Since the collision is inelastic it means that there would be no lose of energy. To find the velocities after the collision it is a good idea to apply both conversation law of linear momentum and kinetic energy which all remain constant during the collision.
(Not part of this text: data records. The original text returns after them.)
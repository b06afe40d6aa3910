-- ===== src/Simulator/Ready/Queue.antt =====
-- The queue and the tags: what scheduling and publishing keep.
use cell_oee_demo.Prelude.{
  ℕ, ◌≤◌, ◌≡◌, refl, Bool, true, false, Option, none, some, List, [], ◌∷◌, ◌++◌, arith,
  if◌then◌else◌, Bool-cases, inl, inr, any, All, ℤ, pos, negsuc,
}
use cell_oee_demo.Simulator.Valid.{IsForward, Forward}
use cell_oee_demo.Collector.Types.{Tag}
use cell_oee_demo.Simulator.World.{World}
use cell_oee_demo.Simulator.Model.{CellState, TagValue, TagChange, tag_type}
use cell_oee_demo.Simulator.Config.{SimConfig}
use cell_oee_demo.Simulator.Host.{
  Payload, EventKind, Event, Image, before, push, set_tag, set_tags, coerce, is_value,
}
use cell_oee_demo.Simulator.Cell.{Simulation, ◌>>=◌, schedule, publish, after_delay, with_cell}
use cell_oee_demo.Simulator.Ready.{
  Sure, SortedFrom, WayOut, NextBreak, IsKnown, AreKnown, CoreOf, HasBeat, IsFree, HasWay,
}

pub Sure-then {ℓ} :
    {A B : Type ℓ} (P : A → Type 0) (Q : B → Type 0) (o : Option A) (f : A → Option B)
    → Sure P o
    → ((x : A) → P x → Sure Q (f x))
    → Sure Q (o >>= f)
Sure-then P Q none f h k = h
Sure-then P Q (some x) f h k = k x h

pub if-both {ℓ} :
    {A : Type ℓ} (P : A → Type 0) (b : Bool) (x y : A)
    → (b ≡ true → P x)
    → (b ≡ false → P y)
    → P (if b then x else y)
if-both P true x y h k = h refl
if-both P false x y h k = k refl

after_delay-le : (t : ℕ) (d : ℤ) → IsForward d → t ≤ after_delay t d
after_delay-le t (pos n) h = omega arith
after_delay-le t (negsuc n) h = elim h [ ]

module _ (w : World) where
  pub any-push-new :
      (p : Event w → Bool) (e : Event w) (heap : List (Event w))
      → p e ≡ true
      → any p (push w e heap) ≡ true
  unfolding push
  any-push-new p e [] h = rw h
  any-push-new p e (d ∷ heap) h = elim (Bool-cases (before w e d)) [
    | inl b ↦ rw (b, h) refl
    | inr b ↦ let rest = any-push-new p e heap h in rw b (ground arith)
  ]

  any-push-old :
      (p : Event w → Bool) (e : Event w) (heap : List (Event w))
      → any p heap ≡ true
      → any p (push w e heap) ≡ true
  unfolding push
  any-push-old p e [] h = ground arith
  any-push-old p e (d ∷ heap) h = elim (Bool-cases (before w e d)) [
    | inl b ↦ rw b (ground arith)
    | inr b ↦ elim (Bool-cases (p d)) [
      | inl q ↦ rw (b, q) refl
      | inr q ↦ let later = rw q at h in rw (b, q) (any-push-old p e heap later)
    ]
  ]

  push-SortedFrom :
      (t : ℕ) (e : Event w) (heap : List (Event w))
      → SortedFrom w t heap
      → t ≤ e.ts
      → SortedFrom w t (push w e heap)
  unfolding push
  push-SortedFrom t e [] h le = (le, tt)
  push-SortedFrom t e (d ∷ heap) h le = elim (Bool-cases (before w e d)) [
    | inl b ↦ rw b (let earlier : e.ts ≤ d.ts = ground arith in (le, (earlier, h.1)))
    | inr b ↦
        rw b
          (let later : d.ts ≤ e.ts = ground arith in (h.0, push-SortedFrom d.ts e heap h.1 later))
  ]

  push-AreKnown :
      (cfg : SimConfig w) (e : Event w) (heap : List (Event w))
      → IsKnown w cfg e.kind e.payload
      → AreKnown w cfg heap
      → AreKnown w cfg (push w e heap)
  unfolding push
  push-AreKnown cfg e [] k h = (k, tt)
  push-AreKnown cfg e (d ∷ heap) k h = elim (Bool-cases (before w e d)) [
    | inl b ↦ rw b (k, h)
    | inr b ↦ rw b (h.0, push-AreKnown cfg e heap k h.1)
  ]

  pub push-WayOut :
      (state : CellState) (epoch : ℕ) (active : Bool) (e : Event w) (heap : List (Event w))
      → WayOut w state epoch active heap
      → WayOut w state epoch active (push w e heap)
  push-WayOut CellState.producing epoch active e heap h = any-push-old _ e heap h
  push-WayOut CellState.planned_stop epoch active e heap h = h
  push-WayOut CellState.fault epoch active e heap h = any-push-old _ e heap h
  push-WayOut CellState.setup epoch active e heap h = any-push-old _ e heap h
  push-WayOut CellState.starved epoch active e heap h = any-push-old _ e heap h
  push-WayOut CellState.blocked epoch active e heap h = any-push-old _ e heap h
  push-WayOut CellState.manual epoch active e heap h = any-push-old _ e heap h

  pub push-NextBreak :
      (active : Bool) (e : Event w) (heap : List (Event w))
      → NextBreak w active heap
      → NextBreak w active (push w e heap)
  push-NextBreak true e heap h = any-push-old _ e heap h
  push-NextBreak false e heap h = any-push-old _ e heap h

  abbrev AreStamped : ℕ → List (TagChange w) → Type 0
  AreStamped now changes = All (λ (c : TagChange w). c.ts ≡ now) changes

  append-AreStamped :
      (now : ℕ) (changes : List (TagChange w)) (c : TagChange w)
      → AreStamped now changes
      → c.ts ≡ now
      → AreStamped now (changes ++ c ∷ [])
  append-AreStamped now [] c h e = (e, tt)
  append-AreStamped now (d ∷ changes) c h e = (h.0, append-AreStamped now changes c h.1 e)

  set_tags-AreStamped :
      (now : ℕ) (tags : List (Tag × TagValue w)) (out : Image w × List (TagChange w))
      → AreStamped now out.1
      → AreStamped now (set_tags w now tags out).1
  unfolding set_tags set_tag
  set_tags-AreStamped now [] out h = h
  set_tags-AreStamped now ((tag, value) ∷ tags) out h =
      elim (Bool-cases (is_value w (out.0 tag) (coerce w (tag_type tag) value))) [
        | inl b ↦ set_tags-AreStamped now tags (set_tag w now tag value out) (rw b h)
        | inr b ↦
            set_tags-AreStamped now tags (set_tag w now tag value out)
              (rw b (append-AreStamped now out.1 _ h refl))
      ]

  module _ (cfg : SimConfig w) where
    -- A slot whose length and rest are not negative.
    pub slot-CoreOf :
        (slot : ℤ) (len : w.F) (s : Simulation w)
        → IsForward slot
        → Forward w len
        → CoreOf w cfg s
        → CoreOf w cfg (with_cell w (λ c. record c { slot_remaining = slot; slot_len = len }) s)
    slot-CoreOf slot len s f g core = record {
      sorted = core.sorted;
      known = core.known;
      stamped = core.stamped;
      good_bound = core.good_bound;
      scrap_bound = core.scrap_bound;
      beats_bound = core.beats_bound;
      slot_forward = f;
      len_forward = g;
    }

    pub schedule-CoreOf :
        (delay : ℤ) (kind : EventKind) (epoch : Option ℕ) (payload : Payload w) (s : Simulation w)
        → IsForward delay
        → IsKnown w cfg kind payload
        → CoreOf w cfg s
        → CoreOf w cfg (schedule w delay kind epoch payload s)
    unfolding schedule
    schedule-CoreOf delay kind epoch payload s f k core =
        let later = after_delay-le s.now delay f in
        record {
          sorted = push-SortedFrom s.now _ s.heap core.sorted later;
          known = push-AreKnown cfg _ s.heap k core.known;
          stamped = core.stamped;
          good_bound = core.good_bound;
          scrap_bound = core.scrap_bound;
          beats_bound = core.beats_bound;
          slot_forward = core.slot_forward;
          len_forward = core.len_forward;
        }

    pub schedule-HasBeat :
        (delay : ℤ) (kind : EventKind) (epoch : Option ℕ) (payload : Payload w) (s : Simulation w)
        → HasBeat w cfg s
        → HasBeat w cfg (schedule w delay kind epoch payload s)
    unfolding schedule
    schedule-HasBeat delay kind epoch payload s beat = any-push-old _ _ s.heap beat

    pub schedule-IsFree :
        (delay : ℤ) (kind : EventKind) (epoch : Option ℕ) (payload : Payload w) (s : Simulation w)
        → IsForward delay
        → IsKnown w cfg kind payload
        → IsFree w cfg s
        → IsFree w cfg (schedule w delay kind epoch payload s)
    unfolding schedule
    schedule-IsFree delay kind epoch payload s f k (core, beat, (next, window)) = (
      schedule-CoreOf delay kind epoch payload s f k core,
      schedule-HasBeat delay kind epoch payload s beat,
      (push-NextBreak s.cell.break_active _ s.heap next, window),
    )

    pub schedule-HasWay :
        (delay : ℤ) (kind : EventKind) (epoch : Option ℕ) (payload : Payload w) (s : Simulation w)
        → HasWay w cfg s
        → HasWay w cfg (schedule w delay kind epoch payload s)
    unfolding schedule
    schedule-HasWay delay kind epoch payload s h =
        push-WayOut s.cell.state s.cell.epoch s.cell.break_active _ s.heap h

    pub publish-CoreOf :
        (tags : List (Tag × TagValue w)) (s : Simulation w)
        → CoreOf w cfg s
        → CoreOf w cfg (publish w tags s)
    unfolding publish
    publish-CoreOf tags s core = record {
      sorted = core.sorted;
      known = core.known;
      stamped = set_tags-AreStamped s.now tags (s.image, s.changes) core.stamped;
      good_bound = core.good_bound;
      scrap_bound = core.scrap_bound;
      beats_bound = core.beats_bound;
      slot_forward = core.slot_forward;
      len_forward = core.len_forward;
    }

    pub publish-IsFree :
        (tags : List (Tag × TagValue w)) (s : Simulation w)
        → IsFree w cfg s
        → IsFree w cfg (publish w tags s)
    unfolding publish
    publish-IsFree tags s (core, beat, next) = (publish-CoreOf tags s core, beat, next)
Let me know if there is something obscure yet?

Answer 5

But the collision is elastic, not inelastic.

Answer 6

*elestic .. sorry.

Answer 7

Actually a collision between two perfectly elastic bodies is such that the final kinetic energy of the system would be the same as the initial kinetic energy of the system.

Answer 8

Well I have a practice problem for this question, with similar numbers and the textbook's solutions as well,

A mass of m moves with 2V towards in the opposite direction of a mass, 4m moving at a speed of V, the speed of m was 2/5V and the mass of 4m was 7.5V

Answer 9

oops, the speed of 4m was 7.5V

Answer 10

Well, so sill need any more to say?

Answer 11

Yes I just help figuring out how to establish the foundation of the formulas to use.

Answer 12

Well, what is initial and final momentum of the system?

Answer 13

would I use,
.5 mava^2 + .5mbvb^2 = .5mava^2 + .5mbvb^2?

Answer 14

m -->3v
4m-->v

Initial momentum: m(3v) + 4m(v) = 7mv
Final momentum: mV1 + 4mV2
--> 7mv=mV1 + 4mV2
--> 7v= V1 + 4V2

Total conversation of KE:
= m(3v)^2 + 4m(v)^2 = m(V1)^2 + 4m(V2)^2
= 9mv^2 + 4mv^2 = m(V1)^2 + 4m(V2)^2
= 13mv^2 = m(V1)^2 + 4m(V2)^2
= 13v^2 = (V1)^2 + 4(V2)^2
Now we have arrived at two equations:
7v= V1 + 4V2
13v^2 = (V1)^2 + 4(V2)^2

Solve for V1 and V2.. You can substitute V1 from 1st equation into V1 in 2nd equation to obtain V2. Once you get V2 you can solve for V1 using the first eq.

I hope it helps.

Answer 15

*conservation

Answer 16

sorry if I made some typos. Good luck.